Y yendo hacia el elefante le ofreció algunos
terrones de azúcar, diciendo:
-¡Toma, Kiouni, toma, toma!
El elefante lanzó algunos gruñidos de
satisfacción, y luego cogió a Picaporte por la cintura y
lo levantó hasta la altura de su cabeza. Picaporte, sin
asustarse, hizo una caricia al animal, el cual lo volvió a dejar
en tierra suavemente, y al apretón de trompa del buen Kiouni
respondió un apretón de manos del honrado mozo.
Pocos momentos después, Phileas Fogg,
sir Francis Cromarty y Picaporte, instalados en un cómodo
vagón cuyo mejor asiento iba ocupado por Auda, corrían a
todo vapor hacia Benarés.
Ochenta millas a lo sumo separan a esta ciudad de
Allababad, las cuales fueron recorridas dos horas.
Durante el trayecto, la joven recobró por
completo los sentidos, quedando disipados los vapores embriagadores del
hang.
¡Cuál fue su asombro al encontrarse en
aquel compartimiento del ferrocarril, vestida a la europea y en medio
de viajeros que le eran desconocidos en absoluto!
Principiaron sus compañeros prodigándole
cuidados y reanimándola con algunas gotas de licor; y
después el brigadier general le refirió lo ocurrido.
Insistió sobre la decisión de Phileas Fogg, que no
había vacilado en comprometer su vida para salvarla, y sobre el
desenlace de la aventura, debido a la audaz imaginación de
Picaporte.
Mister Fogg dejó hablar, sin decir una
palabra. Picaporte, avergonzado, repetía que la cosa no
merecía tanto.
Auda dio gracias a sus libertadores, con una
efusión expresada con sus lágrimas más que con sus
palabras. Sus hennosos ojos, mejor que sus labios, fueron los
intérpretes de su reconocimiento. Y después,
llevándola en pensamiento a las escenas del sutty, y
viendo sus miradas esa tierra india donde tantos peligros la
amenazaban, fue acometida de un estremecimiento de terror.
Phileas Fogg comprendió lo que pasaba en el
ánimo de Auda, y para tranquilizarla le ofreció con mucha
frialdad conducirla a Hong-Kong, donde viviría hasta que aquel
asunto se olvidase.
Auda aceptó la oferta con reconocimiento.

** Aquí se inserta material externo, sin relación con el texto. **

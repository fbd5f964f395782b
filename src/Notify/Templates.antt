-- ===== src/Notify/Templates.antt =====
-- internal/notify/templates.go: the operations on templates. `now` is the reading of the
-- evaluator's clock.
use go_tangra_notification.Prelude.{
  ℕ, Bool, true, false, Option, none, some, List, [], ◌∷◌, String, len, ◌&&◌, ◌||◌, not,
  if◌then◌else◌, ◌==◌, nat_eq, ltb, strp, length, contains, sort_by, str_lt, Result, ok, err, Err,
  invalid, system_template, not_system_template, system_template_field, missing_required, map_err,
  syntax, undeclared, failed_render, template_size, pure, ensure, bind_result, ◌>>=◌, ◌>>◌,
}
use go_tangra_notification.Store.{Template}
use go_tangra_notification.Memstore.Grants.{get_channel, get_template}
use go_tangra_notification.Memstore.Messages.{is_some}
use go_tangra_notification.Memstore.Templates.{
  clear_default_template, insert_template, update_template, delete_template,
}
use go_tangra_notification.World.{Act, Event, st, ask, emit, draw_id, transaction}
use go_tangra_notification.Authz.Decide.{Subjects, Permissions, actor_kind, actor_id}
use go_tangra_notification.Authz.Check.{require, grant_owner, drop_resource}
use go_tangra_notification.Messages.Input.{user_ptr}
use go_tangra_notification.Notify.Render.{Engine, parse, validate_refs, kind_for}

-- `variables` is none where the request leaves them out.
pub record TemplateInput : Type 0 where
  pub name : String
  pub channel_id : String
  pub subject : String
  pub body : String
  pub variables : Option (List String)
  pub is_default : Bool

abbrev pub listed : Option (List String) → List String
listed none = []
listed (some l) = l

pub record TemplateView : Type 0 where
  pub row : Template
  pub permissions : Permissions
  pub edited : Bool

-- A system template is never deleted.
unfoldable pub template_view : Template → Permissions → TemplateView
template_view t p = elim t.system_key [
  | none ↦ record { row = t; permissions = p; edited = false }
  | some k ↦ record {
    row = t;
    permissions = record p { delete = false };
    edited = not (t.subject == t.builtin_subject) || not (t.body == t.builtin_body);
  }
]

unfoldable pub template_event : String → Subjects → String → Event
template_event kind s id = record {
  kind = kind;
  tenant_id = s.tenant_id;
  actor_kind = actor_kind s;
  actor_id = actor_id s;
  subject_kind = "template";
  subject_id = id;
  outcome = "ok";
  reason = "";
}

abbrev same_list : List String → List String → Bool
same_list [] [] = true
same_list (a ∷ xs) (b ∷ ys) = a == b && same_list xs ys
same_list _ _ = false

unfoldable pub same_set : List String → List String → Bool
same_set a b = same_list (sort_by str_lt a) (sort_by str_lt b)

-- The first required variable that the text does not refer to.
unfoldable pub first_unreferenced : List String → List String → Option String
first_unreferenced refs [] = none
first_unreferenced refs (r ∷ rs) = if contains refs r then first_unreferenced refs rs else some r

-- A field of a system template that the request would change.
unfoldable pub touches_fixed : Template → TemplateInput → Bool
touches_fixed row i =
    (not (i.name == "") && not (i.name == row.name))
    || not (i.channel_id == "")
    || i.is_default
    || elim i.variables [ none ↦ false | some l ↦ not (same_set l row.variables) ]

-- The row that Create inserts.
unfoldable pub new_template : Subjects → TemplateInput → String → String → Template
new_template s i kind id = record {
  id = id;
  tenant_id = s.tenant_id;
  name = i.name;
  channel_id = some i.channel_id;
  channel_type = kind;
  subject = i.subject;
  body = i.body;
  variables = listed i.variables;
  is_default = i.is_default;
  created_by = user_ptr s;
  updated_by = user_ptr s;
  created_at = 0;
  updated_at = 0;
  channel_name = "";
  system_key = none;
  builtin_subject = "";
  builtin_body = "";
  required_variables = [];
  secret_variables = [];
}

-- The row that Update writes.
unfoldable pub rewritten_template : Subjects → TemplateInput → String → Template → Template
rewritten_template s i kind row = record row {
  name = i.name;
  channel_id = some i.channel_id;
  channel_type = kind;
  subject = i.subject;
  body = i.body;
  variables = listed i.variables;
  is_default = i.is_default;
  updated_by = user_ptr s;
}

unfoldable pub get_view : Subjects → String → ℕ → Act TemplateView
get_view s id now = do
  d ← require s "template" id "read" now
  row ← ask (get_template s.tenant_id id)
  pure (template_view row d.permissions)

-- `validationError`: what the client may see of a failure to render.
unfoldable pub validation_error : Err → Err
validation_error (syntax m) = invalid "template syntax error" m
validation_error (undeclared v) = invalid "template references an undeclared variable" v
validation_error (failed_render m) = invalid "template failed to render" m
validation_error template_size = invalid "render: template too large" ""
validation_error e = e

module _ (e : Engine) where
  unfoldable pub validate_template : TemplateInput → String → Result (Unit {0})
  validate_template i kind =
      if nat_eq (len i.name) 0 || ltb 100 (len i.name)
      then err (invalid "name must be 1-100 characters" "name")
      else if ltb 50 (length (listed i.variables))
      then err (invalid "at most 50 variables" "variables")
      else map_err validation_error (
          bind_result (parse e i.subject i.body (kind_for kind))
            (λ c. validate_refs c (listed i.variables)))

  -- New wording of a system template: valid, and with every required variable.
  unfoldable pub check_wording : Template → TemplateInput → Result (Unit {0})
  check_wording row i =
      bind_result (map_err validation_error (parse e i.subject i.body (kind_for row.channel_type)))
        (λ c. bind_result (map_err validation_error (validate_refs c row.variables)) (λ _.
          elim (first_unreferenced c.refs row.required_variables) [
            | none ↦ ok tt
            | some r ↦ err (missing_required r)
          ]))

module _ (e : Engine) (new_id : ℕ → String) (lower : String → String) where
  unfoldable pub insert_owned_template : Subjects → Template → Act (Unit {0})
  insert_owned_template s t = do
    if t.is_default
        then st (clear_default_template s.tenant_id (strp t.channel_id) t.id)
        else pure tt
    st (insert_template lower t)
    grant_owner new_id s.tenant_id "template" t.id s.user_id

  unfoldable pub create_template : Subjects → TemplateInput → ℕ → Act TemplateView
  create_template s i now = do
    ensure (not (i.channel_id == "")) (invalid "channel_id is required" "channel_id")
    d ← require s "channel" i.channel_id "read" now
    ch ← ask (get_channel s.tenant_id i.channel_id)
    ask (λ _. validate_template e i ch.kind)
    id ← draw_id new_id
    transaction (insert_owned_template s (new_template s i ch.kind id))
    emit (template_event "template_created" s id)
    get_view s id now

  unfoldable pub rewrite_template : Subjects → String → Template → Act (Unit {0})
  rewrite_template s id t = do
    if t.is_default then st (clear_default_template s.tenant_id (strp t.channel_id) id) else pure tt
    st (update_template lower t)

  unfoldable pub update_system : Subjects → Template → TemplateInput → ℕ → Act TemplateView
  update_system s row i now = do
    ensure (not (touches_fixed row i)) system_template_field
    ask (λ _. check_wording e row i)
    st (
        update_template lower
          (record row { subject = i.subject; body = i.body; updated_by = user_ptr s }))
    emit (template_event "template_updated" s row.id)
    get_view s row.id now

  abbrev pub readable_channel : Subjects → Template → String → ℕ → Act (Unit {0})
  readable_channel s row ch now =
      if ch == strp row.channel_id
      then pure tt
      else (require s "channel" ch "read" now >>= λ d. pure tt)

  unfoldable pub update_plain : Subjects → String → Template → TemplateInput → ℕ → Act TemplateView
  update_plain s id row i now = do
    ensure (not (i.channel_id == "")) (invalid "channel_id is required" "channel_id")
    readable_channel s row i.channel_id now
    ch ← ask (get_channel s.tenant_id i.channel_id)
    ask (λ _. validate_template e i ch.kind)
    transaction (rewrite_template s id (rewritten_template s i ch.kind row))
    emit (template_event "template_updated" s id)
    get_view s id now

  unfoldable pub update_any : Subjects → String → TemplateInput → ℕ → Act TemplateView
  update_any s id i now = do
    d ← require s "template" id "write" now
    row ← ask (get_template s.tenant_id id)
    if is_some row.system_key then update_system s row i now else update_plain s id row i now

  unfoldable pub restore : Subjects → String → ℕ → Act TemplateView
  restore s id now = do
    d ← require s "template" id "write" now
    row ← ask (get_template s.tenant_id id)
    ensure (is_some row.system_key) not_system_template
    st (
        update_template lower (record row {
          subject = row.builtin_subject;
          body = row.builtin_body;
          updated_by = user_ptr s;
        }))
    emit (template_event "template_updated" s id)
    get_view s id now

abbrev pub erase_owned_template : String → String → Act (Unit {0})
erase_owned_template tid id = do st (delete_template tid id); st (drop_resource tid "template" id)

unfoldable pub remove_template : Subjects → String → ℕ → Act (Unit {0})
remove_template s id now = do
  d ← require s "template" id "delete" now
  row ← ask (get_template s.tenant_id id)
  ensure (not (is_some row.system_key)) system_template
  transaction (erase_owned_template s.tenant_id id)
  emit (template_event "template_deleted" s id)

Precisamente residía en Hong-Kong uno de sus parientes, parsi
como ella, y uno de los principales comerciantes de la ciudad, que es
por completo inglesa, aun cuando se halla en las costas de China.
A las doce y media el tren se detenía en la
estación de Benarés. Las leyendas indias afirman que esta
ciudad ocupa el sitio de la vetusta Casi, que antiguamente
hallábase suspendida en el espacio entre el cenit y el nadir,
como la tumba de Mahoma. Pero en la época actual, más
positiva, Benarés, la Atenas de la India, según los
orientalistas, descansaba prosaicamente sobre el suelo, y Picaporte
pudo, por un momento, entrever sus casas de ladrillo y sus chozas de
cañizo, que le daban un aspecto desairado en absoluto, sin color
local ninguno.
Allí debía detenerse sir Francis
Cromarty. Las tropas de cuyo mando debía hacerse cargo estaban
acampadas a algunas millas al norte. El brigadier general se
despidió de Phileas Fogg, deseándole todo el éxito
posible y expresando el voto de que repitiese el viaje de un modo menos
original y más provechoso. Mister Fogg estrechó
ligeramente los dedos de su companero de viaje. Los cumplidos de Auda
fueron más afectuosos. Jamás olvidaría ella lo que
debía a sir Francis Cromarty. En cuanto a Picaporte, fue
honrado con un buen apretón de manos de parte del brigadier
general. Conmovido, le preguntó cuándo podría
prestarle algún servicio. Después se separaron.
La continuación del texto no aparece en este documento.